Quanto aos movimentos anti tradição académica embora eu concorde em geral com as suas opiniões, desagrada-me o seu discurso demasiado político e a sua maneira de acção no terreno: não é a discutir num corredor apinhado de gente para se matricular que se vai resolver alguma coisa. Isto já para não mencionar que as suas opiniões não lhes dão o direito de desrespeitar os alunos mais velho só porque eles se encontram vestidos com o traje académico, sobretudo sem saberem nada das suas acções ou convicções. E não vejo nada de errado em as pessoas usarem o traje académico, mesmo se não forem praxar por não concordarem com a maneira com a recepção é feita, como é o meu caso – eu fui a minha faculdade conversar com os novos alunos e dar-lhes alguns conselhos que me pareceram úteis, além de lhes mostrar a organização da faculdade, uma vez que considero que isso é importante para estes.

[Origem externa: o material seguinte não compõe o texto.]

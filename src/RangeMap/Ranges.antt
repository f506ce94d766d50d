-- ===== src/RangeMap/Ranges.antt =====
-- What `overlaps`, `get_overlapping` and `get_gaps` of core/mmap/range_map.h say of a range of keys.
use native.Mathlib.Omega.{arith}
use lfi_runtime.Prelude.{
  ℕ, ◌≤◌, ◌<◌, ◌≡◌, refl, sym, ◌∙◌, Bool, true, false, ◌&&◌, ◌||◌, Option, none, some, List, [],
  ◌∷◌, if◌then◌else◌, ltb, leb, Bool-cases, inl, inr,
}
use lfi_runtime.RangeMap.{
  Entry, overlap_begin, overlaps, take_below, get_overlapping, gaps_from, get_gaps,
}
use lfi_runtime.RangeMap.View.{value_at, Ordered, Ordered-weaken, value_at-below}
use lfi_runtime.RangeMap.Cut.{HeadStop, overlap_begin-IsBegin}
use lfi_runtime.RangeMap.Carve.{value_at-cut}

-- whether a key lies in one of the gaps
abbrev pub in_gaps : ℕ → List (ℕ × ℕ) → Bool
in_gaps k [] = false
in_gaps k ((lo, hi) ∷ gaps) = (leb lo k && ltb k hi) || in_gaps k gaps

module _ {V : Type 0} where
  abbrev pub is_free : Option V → Bool
  is_free none = true
  is_free (some v) = false

  -- Every entry has a key in the range.
  abbrev pub Meets : ℕ → ℕ → List (Entry V) → Type 0
  Meets start stop [] = Unit
  Meets start stop (e ∷ r) = (e.start < stop) × (start < e.stop) × Meets start stop r

  -- Behind an entry that ends above `start` every entry does.
  abbrev EndAbove : ℕ → List (Entry V) → Type 0
  EndAbove start r = HeadStop (λ s. start < s) r

  EndAbove-tail :
      (start p : ℕ) (e : Entry V) (r : List (Entry V))
      → start < e.stop
      → Ordered e.stop r
      → EndAbove start r
  EndAbove-tail start p e [] h o = tt
  EndAbove-tail start p e (x ∷ r) h o = omega arith

  take_below-lem :
      (start stop p k : ℕ) (r : List (Entry V))
      → Ordered p r
      → EndAbove start r
      → Ordered p (take_below stop r)
        × Meets start stop (take_below stop r)
        × (k < stop → value_at k (take_below stop r) ≡ value_at k r)
  unfolding take_below
  take_below-lem start stop p k [] o h = (tt, tt, λ lt. refl)
  take_below-lem start stop p k (e ∷ r) o h = elim (Bool-cases (ltb e.start stop)) [
    | inl more ↦
        let rest = take_below-lem start stop e.stop k r o.2 (EndAbove-tail start p e r h o.2) in
        rw more ((o.0, o.1, rest.0), (ground arith, h, rest.1), λ lt. ground (arith, rest.2 lt))
    | inr end ↦ rw end (tt, tt, λ lt. ground (arith, value_at-below k e.start (e ∷ r), o))
  ]

  -- The entries that `get_overlapping` gives rise and do not meet, each has a key in the range, and in
  -- the range they say what the map says.
  pub record Overlapping (m : List (Entry V)) (start stop : ℕ) (es : List (Entry V)) : Type 0 where
    pub ordered : Ordered 0 es
    pub meets : Meets start stop es
    pub same : (k : ℕ) → start ≤ k → k < stop → value_at k es ≡ value_at k m

  pub get_overlapping-Overlapping :
      (m : List (Entry V)) (start stop : ℕ)
      → Ordered 0 m
      → Overlapping m start stop (get_overlapping start stop m)
  unfolding get_overlapping
  get_overlapping-Overlapping m start stop h = elim (Bool-cases (leb stop start)) [
    | inl empty ↦
        rw empty (record { ordered = tt; meets = tt; same = λ k lo hi. absurd (ground arith) })
    | inr full ↦
        let b = overlap_begin-IsBegin m start h in
        let (l, r) = overlap_begin start m in
        let lem = λ (k : ℕ). take_below-lem start stop b.point k r b.cut.ordered b.open_head in
        rw full (record {
          ordered = Ordered-weaken 0 b.point (take_below stop r) (omega arith) (lem 0).0;
          meets = (lem 0).1;
          same =
              λ k lo hi. (lem k).2 hi ∙ sym (value_at-cut m k b.point start l r b.cut b.ended lo);
        })
  ]

  overlaps_none :
      (start stop p : ℕ) (r : List (Entry V))
      → Ordered p r
      → elim r as (λ x. Bool) [ [] ↦ false | e ∷ r ↦ ltb e.start stop ] ≡ false
      → (k : ℕ) → k < stop
      → value_at k r ≡ none
  overlaps_none start stop p [] o h k lt = refl
  overlaps_none start stop p (e ∷ r) o h k lt =
      value_at-below k e.start (e ∷ r) (ground arith) (omega arith, o.1, o.2)

  -- Where `overlaps` says no, no key of the range has a value.
  pub value_at-overlaps :
      (m : List (Entry V)) (start stop k : ℕ)
      → Ordered 0 m
      → overlaps start stop m ≡ false
      → start ≤ k
      → k < stop
      → value_at k m ≡ none
  unfolding overlaps
  value_at-overlaps m start stop k h no_overlap lo hi =
      let b = overlap_begin-IsBegin m start h in
      let (l, r) = overlap_begin start m in
      let full : leb stop start ≡ false = ground arith in
      let empty : elim r as (λ x. Bool) [ [] ↦ false | e ∷ r ↦ ltb e.start stop ] ≡ false =
        rw full at no_overlap in
      value_at-cut m k b.point start l r b.cut b.ended lo
      ∙ overlaps_none start stop b.point r b.cut.ordered empty k hi

  past_end :
      (k c stop : ℕ) (e : Entry V) (r : List (Entry V))
      → stop ≤ e.start
      → Ordered e.start (e ∷ r)
      → in_gaps k (if ltb c stop then (c, stop) ∷ [] else [])
        ≡ (leb c k && ltb k stop && is_free (value_at k (e ∷ r)))
  past_end k c stop e r le o = elim (Bool-cases (ltb k stop)) [
    | inl lt ↦ rw (value_at-below k e.start (e ∷ r) (ground arith) o) (ground arith)
    | inr past ↦ ground arith
  ]

  -- The key against the entry: before it, in it, or behind it.
  no_gap_then :
      (k c stop : ℕ) (e : Entry V) (r : List (Entry V))
      → e.start ≤ c
      → e.start < e.stop
      → Ordered e.stop r
      → in_gaps k (gaps_from (if ltb c e.stop then e.stop else c) stop r)
        ≡ (leb (if ltb c e.stop then e.stop else c) k && ltb k stop && is_free (value_at k r))
      → in_gaps k (gaps_from (if ltb c e.stop then e.stop else c) stop r)
        ≡ (leb c k && ltb k stop && is_free (value_at k (e ∷ r)))
  no_gap_then k c stop e r le pos o rest = rest ∙ ground arith

  gap_then :
      (k c stop : ℕ) (e : Entry V) (r : List (Entry V))
      → c < e.start
      → e.start < stop
      → e.start < e.stop
      → Ordered e.stop r
      → in_gaps k (gaps_from e.stop stop r) ≡ (leb e.stop k && ltb k stop && is_free (value_at k r))
      → ((leb c k && ltb k e.start) || in_gaps k (gaps_from e.stop stop r))
        ≡ (leb c k && ltb k stop && is_free (value_at k (e ∷ r)))
  gap_then k c stop e r le lt pos o rest = rw rest (ground (arith, value_at-below k e.stop r))

  in_gaps-gaps_from :
      (k c stop p : ℕ) (r : List (Entry V))
      → Ordered p r
      → in_gaps k (gaps_from c stop r) ≡ (leb c k && ltb k stop && is_free (value_at k r))
  unfolding gaps_from
  in_gaps-gaps_from k c stop p [] o = ground arith
  in_gaps-gaps_from k c stop p (e ∷ r) o = elim (Bool-cases (ltb e.start stop)) [
    | inr end ↦ rw end (past_end k c stop e r (ground arith) (omega arith, o.1, o.2))
    | inl more ↦
        let rest = in_gaps-gaps_from k (if ltb c e.stop then e.stop else c) stop e.stop r o.2 in
        rw more (elim (Bool-cases (ltb c e.start)) [
          | inl gap ↦
              let jump : ltb c e.stop ≡ true = let pos = o.1 in ground arith in
              rw gap (
                rw jump (
                  gap_then k c stop e r (ground arith) (ground arith) o.1 o.2
                    (in_gaps-gaps_from k e.stop stop e.stop r o.2)))
          | inr no_gap ↦ rw no_gap (no_gap_then k c stop e r (ground arith) o.1 o.2 rest)
        ])
  ]

  -- In a map whose entries rise and do not meet, the gaps that `get_gaps` gives hold exactly the keys
  -- of the range that have no value.
  pub in_gaps-get_gaps :
      (m : List (Entry V)) (start stop k : ℕ)
      → Ordered 0 m
      → in_gaps k (get_gaps start stop m) ≡ (leb start k && ltb k stop && is_free (value_at k m))
  unfolding get_gaps
  in_gaps-get_gaps m start stop k h = elim (Bool-cases (leb stop start)) [
    | inl empty ↦ rw empty (ground arith)
    | inr full ↦
        let b = overlap_begin-IsBegin m start h in
        let (l, r) = overlap_begin start m in
        rw full (
          in_gaps-gaps_from k start stop b.point r b.cut.ordered
          ∙ ground (arith, value_at-cut m k b.point start l r b.cut b.ended))
  ]
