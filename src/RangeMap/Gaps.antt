-- ===== src/RangeMap/Gaps.antt =====
-- The gaps that `get_gaps` of core/mmap/range_map.h gives rise, and no two touch: a run of free keys
-- lies in one of them.
use native.Mathlib.Omega.{arith}
use lfi_runtime.Prelude.{
  ℕ, ◌+◌, ◌-◌, ◌≤◌, ◌<◌, ◌≡◌, refl, true, false, List, [], ◌∷◌, if◌then◌else◌, ltb, leb, All,
  Bool-cases, inl, inr,
}
use lfi_runtime.RangeMap.{Entry, overlap_begin, gaps_from, get_gaps}
use lfi_runtime.RangeMap.View.{Ordered}
use lfi_runtime.RangeMap.Cut.{overlap_begin-IsBegin}
use lfi_runtime.RangeMap.Ranges.{in_gaps}

-- The gaps are not empty, rise from `lo` on, and do not touch.
abbrev pub Separate : ℕ → List (ℕ × ℕ) → Type 0
Separate lo [] = Unit
Separate lo ((l, h) ∷ gaps) = (lo ≤ l) × (l < h) × Separate (h + 1) gaps

Separate-weaken : (a b : ℕ) (gaps : List (ℕ × ℕ)) → a ≤ b → Separate b gaps → Separate a gaps
Separate-weaken a b [] le s = tt
Separate-weaken a b ((l, h) ∷ gaps) le s = (omega arith, s.1, s.2)

module _ {V : Type 0} where
  gaps_from-Separate :
      (c stop p : ℕ) (r : List (Entry V)) → Ordered p r → Separate c (gaps_from c stop r)
  unfolding gaps_from
  gaps_from-Separate c stop p [] o = elim (Bool-cases (ltb c stop)) [
    | inl some_keys ↦ rw some_keys (omega arith, ground arith, tt)
    | inr no_keys ↦ rw no_keys tt
  ]
  gaps_from-Separate c stop p (e ∷ r) o = elim (Bool-cases (ltb e.start stop)) [
    | inr end ↦ rw end (elim (Bool-cases (ltb c stop)) [
      | inl some_keys ↦ rw some_keys (omega arith, ground arith, tt)
      | inr no_keys ↦ rw no_keys tt
    ])
    | inl more ↦
        let c' = if ltb c e.stop then e.stop else c in
        let rest = gaps_from-Separate c' stop e.stop r o.2 in
        let above : (c ≤ c') × (e.stop ≤ c') = ground arith in
        rw more (elim (Bool-cases (ltb c e.start)) [
          | inl gap ↦ rw gap (
            omega arith,
            ground arith,
            Separate-weaken (e.start + 1) c' _ (let pos = o.1 in omega arith) rest,
          )
          | inr no_gap ↦ rw no_gap (Separate-weaken c c' _ above.0 rest)
        ])
  ]

  pub get_gaps-Separate :
      (m : List (Entry V)) (start stop : ℕ) → Ordered 0 m → Separate start (get_gaps start stop m)
  unfolding get_gaps
  get_gaps-Separate m start stop h = elim (Bool-cases (leb stop start)) [
    | inl empty ↦ rw empty tt
    | inr full ↦
        let b = overlap_begin-IsBegin m start h in
        rw full (gaps_from-Separate start stop b.point (overlap_begin start m).1 b.cut.ordered)
  ]

in_gaps-below :
    (k lo : ℕ) (gaps : List (ℕ × ℕ)) → k < lo → Separate lo gaps → in_gaps k gaps ≡ false
in_gaps-below k lo [] lt s = refl
in_gaps-below k lo ((l, h) ∷ gaps) lt s = ground (arith, in_gaps-below k (h + 1) gaps)

-- every gap is shorter than `n`
abbrev pub TooSmall : ℕ → List (ℕ × ℕ) → Type 0
TooSmall n = All λ g. g.1 - g.0 < n

-- `n` keys from `t` on lie in the gaps.
abbrev pub FreeRun : List (ℕ × ℕ) → ℕ → ℕ → Type 0
FreeRun gaps t n = (k : ℕ) → t ≤ k → k < t + n → in_gaps k gaps ≡ true

-- A run of free keys lies in one gap, so there is none where every gap is too short.
pub TooSmall-FreeRun :
    (gaps : List (ℕ × ℕ)) (lo t n : ℕ)
    → 0 < n
    → Separate lo gaps
    → TooSmall n gaps
    → FreeRun gaps t n
    → ⊥
TooSmall-FreeRun [] lo t n pos s small run =
    absurd (let e = run t (omega arith) (omega arith) in ground arith)
TooSmall-FreeRun ((l, h) ∷ gaps) lo t n pos s small run = elim (Bool-cases (leb (h + 1) t)) [
  | inl past ↦
      TooSmall-FreeRun gaps (h + 1) t n pos s.2 small.1
        (λ k lo hi. let e = run k lo hi in ground arith)
  | inr near ↦ elim (Bool-cases (leb l t)) [
    | inl inside ↦
        let e = run h (ground arith) (ground arith) in
        let out = in_gaps-below h (h + 1) gaps (omega arith) s.2 in absurd (ground arith)
    | inr before ↦
        let e = run t (omega arith) (omega arith) in
        let out = in_gaps-below t (h + 1) gaps (ground arith) s.2 in absurd (ground arith)
  ]
]
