-- ===== src/RangeMap/Find.antt =====
-- `find` of core/mmap/range_map.h.
use native.Mathlib.Omega.{arith}
use lfi_runtime.Prelude.{
  ℕ, ◌≤◌, ◌<◌, ◌≡◌, refl, sym, ap, ◌∙◌, ◌&&◌, if◌then◌else◌, Option, none, some, List, [], ◌∷◌, ltb,
  leb, Bool-cases, inl, inr,
}
use lfi_runtime.RangeMap.{Entry, rev_append, upper_bound, before, find}
use lfi_runtime.RangeMap.View.{value_at, Ordered, Ordered-weaken, Falling, Falling-weaken}
use lfi_runtime.RangeMap.Cut.{HeadStart}

module _ {V : Type 0} where
  abbrev pub found : Option (Entry V) → Option V
  found none = none
  found (some e) = some e.val

  -- The entry that holds a key: a scan from the front.
  abbrev pub entry_at : ℕ → List (Entry V) → Option (Entry V)
  entry_at k [] = none
  entry_at k (e ∷ r) =
      let rest = entry_at k r in if leb e.start k && ltb k e.stop then some e else rest

  entry_at-below : (k lo : ℕ) (m : List (Entry V)) → k < lo → Ordered lo m → entry_at k m ≡ none
  entry_at-below k lo [] lt h = refl
  entry_at-below k lo (e ∷ r) lt h = ground (arith, entry_at-below k e.stop r)

  entry_at-above : (k hi : ℕ) (m : List (Entry V)) → hi ≤ k → Falling hi m → entry_at k m ≡ none
  entry_at-above k hi [] le h = refl
  entry_at-above k hi (e ∷ r) le h = ground (arith, entry_at-above k e.start r)

  -- A key below the cut is looked up before it, any other behind it.
  entry_at-rev_append :
      (k p : ℕ) (l r : List (Entry V))
      → Falling p l
      → Ordered p r
      → entry_at k (rev_append l r) ≡ (if ltb k p then entry_at k l else entry_at k r)
  unfolding rev_append
  entry_at-rev_append k p [] r hl hr = ground (arith, entry_at-below k p r)
  entry_at-rev_append k p (e ∷ l) r hl hr =
      let hr' : Ordered e.start (e ∷ r) = (omega arith, hl.1, Ordered-weaken e.stop p r hl.0 hr) in
      ground (
        arith,
        entry_at-rev_append k e.start l (e ∷ r) hl.2 hr',
        entry_at-above k e.start l,
        entry_at-below k p r,
      )

  -- The entry before the iterator is the one that may hold the key.
  before-entry_at :
      (k p : ℕ) (l r : List (Entry V))
      → Falling p l
      → Ordered p r
      → HeadStart (λ s. s ≤ k) l
      → HeadStart (λ s. k < s) r
      → before k l ≡ entry_at k (rev_append l r)
  unfolding before
  before-entry_at k p [] [] f o lo hi = sym (entry_at-rev_append k p [] [] f o ∙ ground arith)
  before-entry_at k p [] (x ∷ r) f o lo hi = sym (
      entry_at-rev_append k p [] (x ∷ r) f o
      ∙ ground (arith, entry_at-below k x.start (x ∷ r), o, hi))
  before-entry_at k p (e ∷ l) [] f o lo hi =
      ground (arith, entry_at-rev_append k p (e ∷ l) [] f o, entry_at-above k e.start l, f, lo)
  before-entry_at k p (e ∷ l) (x ∷ r) f o lo hi = ground (
    arith,
    entry_at-rev_append k p (e ∷ l) (x ∷ r) f o,
    entry_at-above k e.start l,
    entry_at-below k x.start (x ∷ r),
    f,
    o,
    lo,
    hi,
  )

  upper_bound-entry_at :
      (k p : ℕ) (l r : List (Entry V))
      → Falling p l
      → Ordered p r
      → HeadStart (λ s. s ≤ k) l
      → before k (upper_bound k l r).0 ≡ entry_at k (rev_append l r)
  unfolding upper_bound rev_append
  upper_bound-entry_at k p l [] f o lo = before-entry_at k p l [] f o lo tt
  upper_bound-entry_at k p l (e ∷ r) f o lo = elim (Bool-cases (leb e.start k)) [
    | inl more ↦ rw more (
        upper_bound-entry_at k e.stop (e ∷ l) r (omega arith, o.1, Falling-weaken p e.start l o.0 f)
          o.2 (ground arith))
    | inr end ↦ rw end (before-entry_at k p l (e ∷ r) f o lo (ground arith))
  ]

  -- In a map whose entries rise and do not meet, `find` gives the whole entry, its bounds and its
  -- value, whose range holds the key, as a scan from the front does; where no range holds it, `find`
  -- gives nothing.
  pub find-entry_at : (m : List (Entry V)) (k : ℕ) → Ordered 0 m → find k m ≡ entry_at k m
  unfolding find rev_append
  find-entry_at m k h = upper_bound-entry_at k 0 [] m tt h tt

  found-entry_at : (k : ℕ) (m : List (Entry V)) → found (entry_at k m) ≡ value_at k m
  found-entry_at k [] = refl
  found-entry_at k (e ∷ r) = ground (arith, found-entry_at k r)

  pub found-find : (m : List (Entry V)) (k : ℕ) → Ordered 0 m → found (find k m) ≡ value_at k m
  found-find m k h = ap found (find-entry_at m k h) ∙ found-entry_at k m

The wind that shakes the barley

Depois de ter visto o filme Breakfast on Pluto, no qual o actor irlandês Cilian Murphyinterpreta o papel principal, lembrei-me do último filme que vi em que esse senhor entrava, não como travesti, mas como um médico irlandês que desiste de ir para Inglaterra para se juntar ao IRA. O seu idealismo e o seu contacto com a realidade social irlandesa em 1920 levam-no a uma luta pela mudança que terá grandes consequências na sua vida. Este filme conta a história da Irlanda tomando como exemplo não só a história do Dr Damien O'Donovan bem como a do seu pragmático irmão mais velho Teddy O'Donovan. Estes defendem de início posições semelhantes contudo com o passar do tempo e o alterar das circunstâncias eles vão-se afastando até se tornarem inimigos. Este filme deixou-me sem saber o que pensar sobre ele, já que e bastante triste (especialmente o final) contudo e apesar da sua falta de espectacularidade mostra-nos que é fácil um grupo inicialmente com um propósito comum dividir-se um facções inimigas, como um tipo bem-educado e bem intencionado se torna num assassino e como todas as nossa escolhas têm consequências.